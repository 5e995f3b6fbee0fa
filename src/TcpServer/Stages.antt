-- ===== src/TcpServer/Stages.antt =====
-- The stages in the life of a server's connection, and how they are counted.
use netfish.Channel.{is_writing}
use netfish.Prelude.{ℕ, ◌≡◌, ◌≢◌, ◌<◌, ◌∙◌, subst, Bool, true, false, Option, none, some, arith, ok}
use netfish.TcpConnection.{
  TcpConnection, no_write, wrote, not_yet, disconnected, after_read, shutdown, shutdown_in_loop,
  handle_write,
}
use netfish.TcpConnection.Reading.{IsUp}
use netfish.TcpConnection.Kept.{send_in_loop-Kept, handle_write-Kept}
use netfish.TcpServer.Lifecycle.{
  System, Work, writes, sends, shuts, reads, do_work, MayCome, is_watched, set_conn,
}
use netfish.TcpServer.Totals.{total, has_id, opens, ends}

-- How many functors that establish connection `n` wait, how often it is in the map, and how many
-- removals and destructions of it wait.
pub record Counts (s : System) (n o m c d : ℕ) : Type 0 where
  pub opening : total (opens n) s.server.tasks ≡ o
  pub mapped : total (has_id n) s.server.connections ≡ m
  pub closing : total (has_id n) s.closing ≡ c
  pub destroying : total (ends n) s.server.tasks ≡ d

-- Whether a connection waits for input, or its poller does not watch it at all.
abbrev pub Watch : Bool → TcpConnection → Type 0
Watch true c = c.channel.events.pollin ≡ true
Watch false c = (c.channel.events.pollin ≡ false) × (c.channel.events.pollout ≡ false)

-- Connection `n` is there, with these counts; what is known of it, and whether its loop watches it.
pub record At (s : System) (n o m c d : ℕ) (P : TcpConnection → Type 0) (watched : Bool)
    : Type 0 where
  pub conn : TcpConnection
  pub born : n < s.server.next_conn_id
  pub counts : Counts s n o m c d
  pub there : s.conns n ≡ some conn
  pub known : P conn
  pub watch : Watch watched conn

abbrev pub IsNew : TcpConnection → Type 0
IsNew c = c.state ≡ not_yet

abbrev pub IsDown : TcpConnection → Type 0
IsDown c = c.state ≡ disconnected

-- Where a connection is in its life.
pub data Life (s : System) (n : ℕ) : Type 0 where
  unborn : Counts s n 0 0 0 0 → s.conns n ≡ none → Life s n
  opening : At s n 1 1 0 0 IsNew false → Life s n
  serving : At s n 0 1 0 0 IsUp true → Life s n
  closed : At s n 0 1 1 0 IsUp false → Life s n
  removed : At s n 0 0 0 1 IsUp false → Life s n
  gone : At s n 0 0 0 0 IsDown false → Life s n

-- What a step leaves of a connection that it is not about.
pub record Same (s s' : System) (n : ℕ) : Type 0 where
  pub opening : total (opens n) s'.server.tasks ≡ total (opens n) s.server.tasks
  pub mapped : total (has_id n) s'.server.connections ≡ total (has_id n) s.server.connections
  pub closing : total (has_id n) s'.closing ≡ total (has_id n) s.closing
  pub destroying : total (ends n) s'.server.tasks ≡ total (ends n) s.server.tasks
  pub conn : s'.conns n ≡ s.conns n
  pub born : n < s.server.next_conn_id → n < s'.server.next_conn_id

Same-Counts :
    (s s' : System) (n : ℕ) {o m c d : ℕ} → Same s s' n → Counts s n o m c d → Counts s' n o m c d
Same-Counts s s' n e k = record {
  opening = e.opening ∙ k.opening;
  mapped = e.mapped ∙ k.mapped;
  closing = e.closing ∙ k.closing;
  destroying = e.destroying ∙ k.destroying;
}

Same-At :
    (s s' : System) (n : ℕ) {o m c d : ℕ} {P : TcpConnection → Type 0} {watched : Bool}
    → Same s s' n
    → At s n o m c d P watched
    → At s' n o m c d P watched
Same-At s s' n e a = record {
  conn = a.conn;
  born = e.born a.born;
  counts = Same-Counts s s' n e a.counts;
  there = e.conn ∙ a.there;
  known = a.known;
  watch = a.watch;
}

pub Same-Life : (s s' : System) (n : ℕ) → Same s s' n → Life s n → Life s' n
Same-Life s s' n e (unborn k p) = unborn (Same-Counts s s' n e k) (e.conn ∙ p)
Same-Life s s' n e (opening a) = opening (Same-At s s' n e a)
Same-Life s s' n e (serving a) = serving (Same-At s s' n e a)
Same-Life s s' n e (closed a) = closed (Same-At s s' n e a)
Same-Life s s' n e (removed a) = removed (Same-At s s' n e a)
Same-Life s s' n e (gone a) = gone (Same-At s s' n e a)

-- What the state's functions keep of a connection that is up.
pub do_work-IsUp :
    (w : Work) (c c' : TcpConnection)
    → do_work w c ≡ ok c'
    → IsUp c
    → IsUp c' × (c'.channel.events.pollin ≡ c.channel.events.pollin)
unfolding do_work after_read shutdown shutdown_in_loop
do_work-IsUp (writes w) c c' e up =
    let k = handle_write-Kept w c c' e in (ground (arith, k.state, up), k.reading)
do_work-IsUp (sends w msg) c c' e up =
    let k = send_in_loop-Kept w msg c c' e in (ground (arith, k.state, up), k.reading)
do_work-IsUp (shuts here) c c' e up = ground (arith, e, up)
do_work-IsUp (reads x xs) c c' e up = ground (arith, e, up)

-- And of one that is not watched, to which nothing is sent.
unfoldable pub Idle : TcpConnection → TcpConnection → Type 0
Idle c c' =
    (IsNew c → IsNew c') × (IsUp c → IsUp c') × (IsDown c → IsDown c') × (c'.channel ≡ c.channel)

abbrev pub IsCalm : Work → Type 0
IsCalm (sends w msg) = ⊥
IsCalm _ = Unit {0}

pub do_work-Idle :
    (w : Work) (c c' : TcpConnection)
    → IsCalm w
    → MayCome w c
    → do_work w c ≡ ok c'
    → Watch false c
    → Idle c c'
unfolding Idle do_work handle_write is_writing shutdown shutdown_in_loop
do_work-Idle (writes no_write) c c' i m e (off, dry) = ground (arith, e)
do_work-Idle (writes (wrote n)) c c' i m e (off, dry) = ground (arith, rw dry at e)
do_work-Idle (sends w msg) c c' i m e (off, dry) = absurd i
do_work-Idle (shuts here) c c' i m e (off, dry) = ground (arith, e)
do_work-Idle (reads x xs) c c' i m e (off, dry) = absurd (ground (arith, m, off))

-- The map of objects.
pub set_conn_self :
    (k : ℕ) (c : TcpConnection) (conns : ℕ → Option TcpConnection) → set_conn k c conns k ≡ some c
set_conn_self k c conns = ground arith

pub set_conn_ne :
    (k n : ℕ) (c : TcpConnection) (conns : ℕ → Option TcpConnection)
    → n ≢ k
    → set_conn k c conns n ≡ conns n
set_conn_ne k n c conns h = ground (arith, h)

-- The next number is free.
pub unborn_of : (s : System) → Life s s.server.next_conn_id → Counts s s.server.next_conn_id 0 0 0 0
unborn_of s (unborn h _) = h
unborn_of s (opening a) = absurd (omega (arith, a.born))
unborn_of s (serving a) = absurd (omega (arith, a.born))
unborn_of s (closed a) = absurd (omega (arith, a.born))
unborn_of s (removed a) = absurd (omega (arith, a.born))
unborn_of s (gone a) = absurd (omega (arith, a.born))

-- The stage is known from a functor that waits, or from the object.
pub opening_of :
    (s : System) (n : ℕ)
    → 0 < total (opens n) s.server.tasks
    → Life s n
    → At s n 1 1 0 0 IsNew false
opening_of s n h (unborn k _) = absurd (omega (arith, h, k.opening))
opening_of s n h (opening a) = a
opening_of s n h (serving a) = absurd (omega (arith, h, a.counts.opening))
opening_of s n h (closed a) = absurd (omega (arith, h, a.counts.opening))
opening_of s n h (removed a) = absurd (omega (arith, h, a.counts.opening))
opening_of s n h (gone a) = absurd (omega (arith, h, a.counts.opening))

pub closed_of :
    (s : System) (n : ℕ) → 0 < total (has_id n) s.closing → Life s n → At s n 0 1 1 0 IsUp false
closed_of s n h (unborn k _) = absurd (omega (arith, h, k.closing))
closed_of s n h (opening a) = absurd (omega (arith, h, a.counts.closing))
closed_of s n h (serving a) = absurd (omega (arith, h, a.counts.closing))
closed_of s n h (closed a) = a
closed_of s n h (removed a) = absurd (omega (arith, h, a.counts.closing))
closed_of s n h (gone a) = absurd (omega (arith, h, a.counts.closing))

pub removed_of :
    (s : System) (n : ℕ) → 0 < total (ends n) s.server.tasks → Life s n → At s n 0 0 0 1 IsUp false
removed_of s n h (unborn k _) = absurd (omega (arith, h, k.destroying))
removed_of s n h (opening a) = absurd (omega (arith, h, a.counts.destroying))
removed_of s n h (serving a) = absurd (omega (arith, h, a.counts.destroying))
removed_of s n h (closed a) = absurd (omega (arith, h, a.counts.destroying))
removed_of s n h (removed a) = a
removed_of s n h (gone a) = absurd (omega (arith, h, a.counts.destroying))

-- The object that is found is the one of the stage.
pub one_conn : (x : Option TcpConnection) (c d : TcpConnection) → x ≡ some c → x ≡ some d → d ≡ c
one_conn x c d p q = ground (arith, p, q)

unwatched_lem :
    (x : Option TcpConnection) (c d : TcpConnection)
    → x ≡ some c
    → is_watched c ≡ true
    → x ≡ some d
    → Watch false d
    → ⊥
unwatched_lem x c d p w q v =
    let e : d ≡ c = one_conn x c d p q in
    let v' : Watch false c = subst (Watch false) e v in ground (arith, w, v')

pub serving_of :
    (s : System) (n : ℕ) (c : TcpConnection)
    → s.conns n ≡ some c
    → is_watched c ≡ true
    → Life s n
    → At s n 0 1 0 0 IsUp true
serving_of s n c p w (unborn _ q) = absurd (cc)
serving_of s n c p w (opening a) = elim (unwatched_lem _ c a.conn p w a.there a.watch) [ ]
serving_of s n c p w (serving a) = a
serving_of s n c p w (closed a) = elim (unwatched_lem _ c a.conn p w a.there a.watch) [ ]
serving_of s n c p w (removed a) = elim (unwatched_lem _ c a.conn p w a.there a.watch) [ ]
serving_of s n c p w (gone a) = elim (unwatched_lem _ c a.conn p w a.there a.watch) [ ]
++++++++++
WHAT TO WORK ON:
Every line above that includes the word "unfolding" should be listed.

YOUR RESPONSE:
unfolding do_work after_read shutdown shutdown_in_loop
unfolding Idle do_work handle_write is_writing shutdown shutdown_in_loop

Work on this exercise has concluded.